Klar bin ich jetzt nach den gefühlt unendlichen Kursen und Rollenspielen super spitze in einfühlsamer Patientenkommunikation - aber nichtsdestotrotz habe ich ein wenig Angst, demnächst auf die Menschheit aka Patienten losgelassen zu werden. Theoretisch weiß ich so viel - aber wer garantiert mir, dass ich vor Aufregung nicht die Hälfte vergesse, wenn der Ernstfall kommt? Das Gute ist, dass man als Anfänger erst mal nie allein ist. Und dass nach dem Staatsexamen noch ein ganzes Jahr Pflichtpraktika für das Trainieren aller praktischen Skills und den täglichen Bürokratismus, über den man im Studium weniger viel lernt,  auf mich wartet.

Wie auch immer: unglaublich, dass fünf Jahre theoretisches Medizinstudium hinter mir liegen. Ich habe so viele fachbezogene Dinge gelernt aber auch herausgefunden, was für ein Mensch ich bin und was ich nicht will. Was man will, ist dann doch immer ein wenig schwieriger zu beantworten.
Da macht es mir jetzt nur Sorgen, dass ich noch nie durch eine Prüfung gefallen bin - denn meine Mutter sagt, mindestens einmal im Studium falle jeder durch. Im Staatsexamen würde ich aber ehrlich gesagt trotzdem am liebsten direkt bestehen und nicht ihre Prophezeiung erfüllen. Fände sie sicher auch cooler.
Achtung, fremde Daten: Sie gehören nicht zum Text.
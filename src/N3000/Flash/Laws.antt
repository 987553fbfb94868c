-- ===== src/N3000/Flash/Laws.antt =====
-- The theorems about the cards that are power cycled after their controllers are flashed.
use openshift_operator.Base.{
  ◌≡◌, refl, sym, ap, ◌∙◌, arith, Bool, true, false, ◌&&◌, ◌||◌, String, List, [], ◌∷◌, ◌++◌,
  contains, ◌==◌, eq_iff, Bool-cases, inl, inr, branch, Result, ok, handle, ◌>>=◌, bind-eq-ok,
  Ensures, if-Ensures, bind-Ensures, weaken-Ensures,
}
use openshift_operator.Api.Fpga.{N3000FortvilleStatus}
use openshift_operator.Fortville.{append_bmc, flash_mac, power_cycle}
use openshift_operator.N3000.{Node, nvm}
use openshift_operator.N3000.Nics.{get_inventory}
use openshift_operator.N3000.Flash.{
  cycle_flashed, has_mac, flash_result, flash_cards, flash_macs, flash,
}

-- Whether the card with an address has a controller with a MAC address.
unfoldable pub card_has : String → List N3000FortvilleStatus → String → Bool
card_has mac [] pci = false
card_has mac (i ∷ inv) pci = (has_mac mac i.nics && i.n3000_pci == pci) || card_has mac inv pci

-- Whether it has one with one of the MAC addresses.
unfoldable pub card_has_any : List String → List N3000FortvilleStatus → String → Bool
card_has_any [] inv pci = false
card_has_any (m ∷ ms) inv pci = card_has m inv pci || card_has_any ms inv pci

unfoldable pub Distinct : List String → Type 0
Distinct [] = Unit
Distinct (x ∷ xs) = (contains xs x ≡ false) × Distinct xs

contains-append :
    (xs : List String) (y k : String) → contains (xs ++ (y ∷ [])) k ≡ contains xs k || y == k
unfolding contains
contains-append [] y k = ground arith
contains-append (x ∷ xs) y k = ground (arith, contains-append xs y k)

Distinct-append :
    (xs : List String) (y : String)
    → Distinct xs
    → contains xs y ≡ false
    → Distinct (xs ++ (y ∷ []))
unfolding Distinct contains
Distinct-append [] y d h = (refl, tt)
Distinct-append (x ∷ xs) y (hx, d) h = (
  ground (arith, contains-append xs y x, hx, h, eq_iff x y, eq_iff y x),
  Distinct-append xs y d (ground (arith, h)),
)

contains_of_eq :
    (xs : List String) (y k : String)
    → contains xs y ≡ true
    → (y == k) ≡ true
    → contains xs k ≡ true
contains_of_eq xs y k h e = ap (contains xs) (sym (ground (arith, e, eq_iff y k))) ∙ h

append_bmc_lem :
    (bs : List String) (p : String)
    → Distinct bs
    → Distinct (append_bmc bs p)
      × ((k : String) → contains (append_bmc bs p) k ≡ contains bs k || p == k)
unfolding append_bmc
append_bmc_lem bs p d = elim (Bool-cases (contains bs p)) [
  | inl h ↦ rw h (
    d,
    (λ k. elim (Bool-cases (p == k)) [
      | inl e ↦ ground (arith, e, contains_of_eq bs p k h e)
      | inr e ↦ ground (arith, e)
    ]),
  )
  | inr h ↦ rw h (Distinct-append bs p d h, contains-append bs p)
]

module _ (N : Node) (dry_run : Bool) where
  open N use {State}

  -- The list is without repetitions, and it has what it had and the cards of a test.
  Grows : List String → (String → Bool) → List String → State → Type 0
  Grows bs test bs' s = Distinct bs' × ((k : String) → contains bs' k ≡ contains bs k || test k)

  flash_cards-Grows :
      (mac : String) (inv : List N3000FortvilleStatus) (bs : List String)
      → Distinct bs
      → Ensures (Grows bs (card_has mac inv)) (flash_cards N dry_run mac inv bs)
  unfolding Grows flash_cards card_has
  flash_cards-Grows mac [] bs d = λ s bs' h. (ground (arith, h, d), λ k. ground (arith, h))
  flash_cards-Grows mac (i ∷ inv) bs d =
      let (d1, c1) = append_bmc_lem bs i.n3000_pci d in
      let flashed = flash_cards-Grows mac inv (append_bmc bs i.n3000_pci) d1 in
      let skipped = flash_cards-Grows mac inv bs d in
      let P = Grows bs (card_has mac (i ∷ inv)) in
      if-Ensures P (has_mac mac i.nics) _ (flash_cards N dry_run mac inv bs)
        (λ e.
          bind-Ensures P (λ s. flash_result N (flash_mac (nvm N) mac dry_run s))
            (λ _. flash_cards N dry_run mac inv (append_bmc bs i.n3000_pci))
            (λ _.
              weaken-Ensures (Grows (append_bmc bs i.n3000_pci) (card_has mac inv)) P
                (flash_cards N dry_run mac inv (append_bmc bs i.n3000_pci))
                (λ bs' s (d', c'). (d', λ k. ground (arith, c' k, c1 k, e))) flashed))
        (λ e.
          weaken-Ensures (Grows bs (card_has mac inv)) P (flash_cards N dry_run mac inv bs)
            (λ bs' s (d', c'). (d', λ k. ground (arith, c' k, e))) skipped)

  flash_macs-Grows :
      (ms : List String) (inv : List N3000FortvilleStatus) (bs : List String)
      → Distinct bs
      → Ensures (Grows bs (card_has_any ms inv)) (flash_macs N dry_run ms inv bs)
  unfolding Grows flash_macs card_has_any
  flash_macs-Grows [] inv bs d s bs' h = (ground (arith, h, d), λ k. ground (arith, h))
  flash_macs-Grows (m ∷ ms) inv bs d s bs' h =
      let (bs1, e1, eq) =
        bind-eq-ok (flash_cards N dry_run m inv bs) (λ x. flash_macs N dry_run ms inv x) s h in
      let (d1, c1) = flash_cards-Grows m inv bs d s bs1 e1 in
      let (d2, c2) =
        flash_macs-Grows ms inv bs1 d1 (flash_cards N dry_run m inv bs s).1 bs' (rw eq at h) in
      (d2, λ k. ground (arith, c1 k, c2 k))

  cycle_flashed-power_cycle :
      (bs : List String) (s : State)
      → cycle_flashed N dry_run bs s ≡ power_cycle (nvm N) bs dry_run s
  unfolding cycle_flashed power_cycle
  cycle_flashed-power_cycle [] s = refl
  cycle_flashed-power_cycle (b ∷ bs) s = refl

  flash_read :
      (macs : List String) (inv : List N3000FortvilleStatus) (s t : State)
      → get_inventory N s ≡ (ok inv, t)
      → flash N dry_run macs s ≡ (flash_macs N dry_run macs inv [] >>= cycle_flashed N dry_run) t
  unfolding flash
  flash_read macs inv s t read = rw (read, handle, branch) refl

  -- Where the inventory can be read and `flash` returns no error, it ends with the power cycle of a
  -- list of cards, in which no card occurs twice and which has just the cards of the inventory with a
  -- controller that has one of the MAC addresses of the resource. No card is power cycled before all
  -- controllers are flashed.
  pub flash_cycles :
      (macs : List String) (inv : List N3000FortvilleStatus) (s t : State)
      → get_inventory N s ≡ (ok inv, t)
      → (flash N dry_run macs s).0 ≡ ok tt
      → (bmcs : List String) × (flash N dry_run macs s
          ≡ power_cycle (nvm N) bmcs dry_run (flash_macs N dry_run macs inv [] t).1)
        × Distinct bmcs
        × ((k : String) → contains bmcs k ≡ card_has_any macs inv k)
  unfolding Grows contains Distinct
  flash_cycles macs inv s t read h =
      let at_read = flash_read macs inv s t read in
      let (bmcs, e, eq) =
        bind-eq-ok (flash_macs N dry_run macs inv []) (cycle_flashed N dry_run) t
          (sym (ap (λ (r : Result (Unit {0}) × State). r.0) at_read) ∙ h) in
      let (d, c) = flash_macs-Grows macs inv [] tt t bmcs e in
      (bmcs, at_read ∙ eq ∙ cycle_flashed-power_cycle bmcs _, d, λ k. ground (arith, c k))
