-- ===== src/Outbox.antt =====
-- The outbox of state events: src/state-events/outbox.js, with the numbers and the turns that it
-- gives out and the budget that it keeps.
mod Types
mod Admission
mod Accounts
mod Budget
mod Partitions
mod Runs
mod Sequences
mod Tests
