-- ===== src/Outbox/Types.antt =====
-- The tables of the outbox and the intents that it takes.
use elmybot.Base.{ℕ, String, Bool, List, [], Option}

pub data IntentState : Type 0 where
  pending parked gap_pending appended gap_recorded retiring reset_discarded : IntentState

-- `recoveryError`, or the PRIMARY KEY of the outbox.
pub data OutboxError : Type 0 where
  rate_limited partition_capacity outbox_capacity stream_blocked : OutboxError
  sequence_exhausted duplicate_operation : OutboxError

-- `state_event_partitions`
pub record Partition : Type 0 where
  pub partition_key : String
  pub scope_token : String
  pub operation_sequence : ℕ

-- `state_event_outbox`, with the columns that the admission reads or sets.
pub record OutboxRow : Type 0 where
  pub operation_id : String
  pub partition_key : String
  pub operation_sequence : ℕ
  pub state : IntentState
  pub deadline_ms : ℕ
  pub next_wakeup_at_ms : Option ℕ
  pub intent_json : String
  pub intent_bytes : ℕ
  pub stream_route_id : String
  pub relay_turn : ℕ
  pub attempts : ℕ
  pub lease_until_ms : Option ℕ
  pub last_error : Option String

-- `state_event_outbox_budget`
pub record OutboxBudget : Type 0 where
  pub rows : ℕ
  pub bytes : ℕ
  pub partitions : ℕ
  pub rate : List ℕ

-- `state_event_source_streams`, with the columns that the admission reads or sets.
pub record SourceStream : Type 0 where
  pub route_id : String
  pub gap_first : Option ℕ
  pub blocked : Bool
  pub reset_id : Option String
  pub interest_epoch : ℕ
  pub wake_generation : ℕ
  pub last_sequence : ℕ

-- `state_event_relay_schedule`
pub record RelaySchedule : Type 0 where
  pub turn : ℕ
  pub publication_streak : ℕ

pub record Outbox : Type 0 where
  pub partitions : List Partition
  pub rows : List OutboxRow
  pub budget : OutboxBudget
  pub streams : List SourceStream
  pub schedule : RelaySchedule

-- What `initializeStateEventOutbox` creates.
abbrev pub new_outbox : Outbox
new_outbox = record {
  partitions = [];
  rows = [];
  budget = record { rows = 0; bytes = 0; partitions = 0; rate = [] };
  streams = [];
  schedule = record { turn = 0; publication_streak = 0 };
}

-- An intent with the text that `canonicalJson` gives for it, and the bytes of that text.
pub record Intent : Type 0 where
  pub operation_id : String
  pub partition_key : Option String
  pub feature_id : String
  pub operation_sequence : ℕ
  pub expires_at_ms : ℕ
  pub committed_at_ms : ℕ
  pub stream_route_id : String
  pub json : String
  pub json_bytes : ℕ

-- What `allocateStateEventSequence` answers.
pub record Correlation : Type 0 where
  pub version : ℕ
  pub scope_token : String
  pub operation_sequence : ℕ
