-- ===== src/Outbox/Admission.antt =====
-- `allocateStateEventSequence`, `enqueueStateEventIntent` and `nextStateEventRelayTurn`. An error
-- undoes the transaction of the caller, so that the tables are as before.
use elmybot.Base.{
  ℕ, suc, ◌+◌, ◌*◌, ◌^◌, ◌-◌, min, String, Bool, true, false, not, ◌&&◌, ◌||◌, List, [], ◌∷◌, ◌++◌,
  Option, none, some, is_some, or_else, Result, ok, ◌>>=◌, ◌>>◌, throw_if, text_eq, ltb, leb,
  length, if◌then◌else◌,
}
use elmybot.Sql.{select, update, find, has_key, any_row, upsert}
use elmybot.Outbox.Types.{
  IntentState, pending, parked, gap_pending, appended, gap_recorded, retiring, reset_discarded,
  OutboxError, rate_limited, partition_capacity, outbox_capacity, stream_blocked,
  sequence_exhausted, duplicate_operation, Partition, OutboxRow, SourceStream, Outbox, Intent,
  Correlation,
}

abbrev pub publication_burst : ℕ
publication_burst = 3

abbrev pub max_rows : ℕ
max_rows = 100

abbrev pub max_bytes : ℕ
max_bytes = 512 * 1024

abbrev pub max_partitions : ℕ
max_partitions = 100

abbrev pub admissions_per_second : ℕ
admissions_per_second = 10

-- `Number.MAX_SAFE_INTEGER`
abbrev pub max_safe_integer : ℕ
max_safe_integer = 2 ^ 53 - 1

abbrev pub partition_key : Partition → String
partition_key x = x.partition_key

abbrev pub operation_id : OutboxRow → String
operation_id x = x.operation_id

abbrev pub route_id : SourceStream → String
route_id x = x.route_id

-- `partition?.operation_sequence ?? 0`
unfoldable pub stored_sequence : String → List Partition → ℕ
unfolding find
stored_sequence feature partitions = elim (find partition_key feature partitions) [
  | none ↦ 0
  | some p ↦ p.operation_sequence
]

unfoldable pub recent_admissions : ℕ → List ℕ → List ℕ
unfolding select
recent_admissions now rate = select (λ time. ltb now (time + 1000)) rate

-- The writes of `allocate_sequence`, with the token that holds for the partition.
unfoldable pub record_sequence : String → String → ℕ → ℕ → Bool → Outbox → Outbox
unfolding recent_admissions upsert
record_sequence feature token sequence now known s = record s {
  partitions =
      upsert (has_key partition_key feature) (λ p. record p { operation_sequence = sequence })
        (record { partition_key = feature; scope_token = token; operation_sequence = sequence })
        s.partitions;
  budget = record s.budget {
    partitions = s.budget.partitions + (if known then 0 else 1);
    rate = recent_admissions now s.budget.rate ++ now ∷ [];
  };
}

unfoldable pub allocate_sequence :
    String → String → ℕ → Outbox → Result OutboxError (Correlation × Outbox)
unfolding find stored_sequence recent_admissions record_sequence
allocate_sequence feature candidate now s =
    let partition = find partition_key feature s.partitions in
    let sequence = suc (stored_sequence feature s.partitions) in
    let token : String = elim partition [ none ↦ candidate | some p ↦ p.scope_token ] in
    throw_if (leb admissions_per_second (length (recent_admissions now s.budget.rate))) rate_limited
    >> throw_if (not (is_some partition) && leb max_partitions s.budget.partitions)
        partition_capacity
    >> throw_if (ltb max_safe_integer sequence) sequence_exhausted
    >> ok (
      record { version = 1; scope_token = token; operation_sequence = sequence },
      record_sequence feature token sequence now (is_some partition) s,
    )

-- The streak after a turn that is given to a publication, to other work, or to neither.
unfoldable pub next_streak : Option Bool → ℕ → ℕ
next_streak none streak = streak
next_streak (some true) streak = min (suc streak) publication_burst
next_streak (some false) streak = 0

unfoldable pub next_turn : Option Bool → Outbox → Result OutboxError (ℕ × Outbox)
unfolding next_streak
next_turn publication s =
    let turn = suc s.schedule.turn in
    throw_if (ltb max_safe_integer turn) sequence_exhausted
    >> ok (
      turn,
      record s {
        schedule = record {
          turn = turn;
          publication_streak = next_streak publication s.schedule.publication_streak;
        };
      },
    )

-- The test of a string for truth.
unfoldable pub is_truthy : Option String → Bool
is_truthy none = false
is_truthy (some text) = not (text_eq text "")

unfoldable pub is_blocked : SourceStream → Bool
unfolding is_truthy
is_blocked stream = is_truthy stream.reset_id || (stream.blocked || is_some stream.gap_first)

-- The stream of a route with the defaults of its columns.
unfoldable pub new_stream : String → SourceStream
new_stream route = record {
  route_id = route;
  gap_first = none;
  blocked = false;
  reset_id = none;
  interest_epoch = 1;
  wake_generation = 0;
  last_sequence = 0;
}

unfoldable pub open_stream : String → Outbox → Result OutboxError (SourceStream × Outbox)
unfolding find is_blocked new_stream
open_stream route s = elim (find route_id route s.streams) [
  | some stream ↦ throw_if (is_blocked stream) stream_blocked >> ok (stream, s)
  | none ↦
      throw_if (leb max_partitions (length s.streams)) partition_capacity
      >> ok (new_stream route, record s { streams = s.streams ++ new_stream route ∷ [] })
]

unfoldable pub is_wakeable : IntentState → Bool
is_wakeable pending = true
is_wakeable parked = true
is_wakeable gap_pending = true
is_wakeable appended = false
is_wakeable gap_recorded = false
is_wakeable retiring = false
is_wakeable reset_discarded = false

-- The rows that new work of the same stream wakes.
unfoldable pub is_woken : Intent → OutboxRow → Bool
unfolding is_wakeable
is_woken intent row =
    text_eq row.stream_route_id intent.stream_route_id
    && (elim row.lease_until_ms [ none ↦ true | some until ↦ leb until intent.committed_at_ms ]
        && (ltb row.attempts 19 && is_wakeable row.state))

unfoldable pub woken : Intent → OutboxRow → OutboxRow
woken intent row = record row {
  next_wakeup_at_ms =
      some (min (or_else row.next_wakeup_at_ms row.deadline_ms) (intent.committed_at_ms + 1000));
  last_error = some "useful_wakeup";
}

unfoldable pub note_interest : Intent → Outbox → Outbox
unfolding update is_woken woken
note_interest intent s = record s {
  streams =
      update (has_key route_id intent.stream_route_id)
        (λ stream. record stream {
          interest_epoch = suc stream.interest_epoch;
          wake_generation = suc stream.wake_generation;
          last_sequence = intent.operation_sequence;
        })
        s.streams;
  rows = update (is_woken intent) (woken intent) s.rows;
}

unfoldable pub new_row : Intent → ℕ → OutboxRow
new_row intent turn = record {
  operation_id = intent.operation_id;
  partition_key = or_else intent.partition_key intent.feature_id;
  operation_sequence = intent.operation_sequence;
  state = pending;
  deadline_ms = intent.expires_at_ms;
  next_wakeup_at_ms = some (intent.committed_at_ms + 1000);
  intent_json = intent.json;
  intent_bytes = intent.json_bytes;
  stream_route_id = intent.stream_route_id;
  relay_turn = turn;
  attempts = 0;
  lease_until_ms = none;
  last_error = none;
}

-- The last two statements of `enqueue`.
unfoldable pub insert_intent : Intent → ℕ → Outbox → Result OutboxError Outbox
unfolding any_row new_row
insert_intent intent turn s =
    throw_if (any_row (has_key operation_id intent.operation_id) s.rows) duplicate_operation
    >> ok (record s {
      rows = s.rows ++ new_row intent turn ∷ [];
      budget = record s.budget {
        rows = suc s.budget.rows;
        bytes = s.budget.bytes + intent.json_bytes;
      };
    })

unfoldable pub enqueue : Intent → Outbox → Result OutboxError Outbox
unfolding open_stream note_interest next_turn insert_intent
enqueue intent s =
    throw_if
      (leb max_rows s.budget.rows
        || ltb max_bytes (s.budget.bytes + intent.json_bytes + suc s.budget.rows * 512))
      outbox_capacity
    >> open_stream intent.stream_route_id s
    >>= λ (stream, s).
        throw_if (ltb max_safe_integer (suc stream.interest_epoch)) sequence_exhausted
        >> next_turn none (note_interest intent s)
        >>= λ (turn, s). insert_intent intent turn s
Deshalb hocke ich jetzt jeden Tag sehr asozial am Schreibtisch und arbeite den Lernplan ab. Nach über zwei Monaten habe ich bereits keine Lust mehr, weitere zwei Monate noch einmal nach dem Lernplan zu leben und sieben Tage die Woche nicht so viel anderes zu tun aber ich fürchte, dass es einfach so läuft, wenn man die passend als Hammerexamen betitelte Prüfung schaffen will.

Und selbst das Staatsexamen wird schneller vorbei sein als ich es mir momentan vorstellen kann. Wenn mir schon fünf Jahre Studium so kurz vorkommen, dann dauert das Staatsexamen ja wirklich nur einen Lidschlag lang. Hoffen wir mal, dass das alles klappt. Und jetzt bitte nicht mehr wundern, warum hier nicht so viel passiert: Ich bin sehr beschäftigt, jede Menge Fakten in mein Gedächtnis zu prügeln und im Anschluss hysterisch lachend Panikattacken beim Blick auf den Kalender zu bekommen.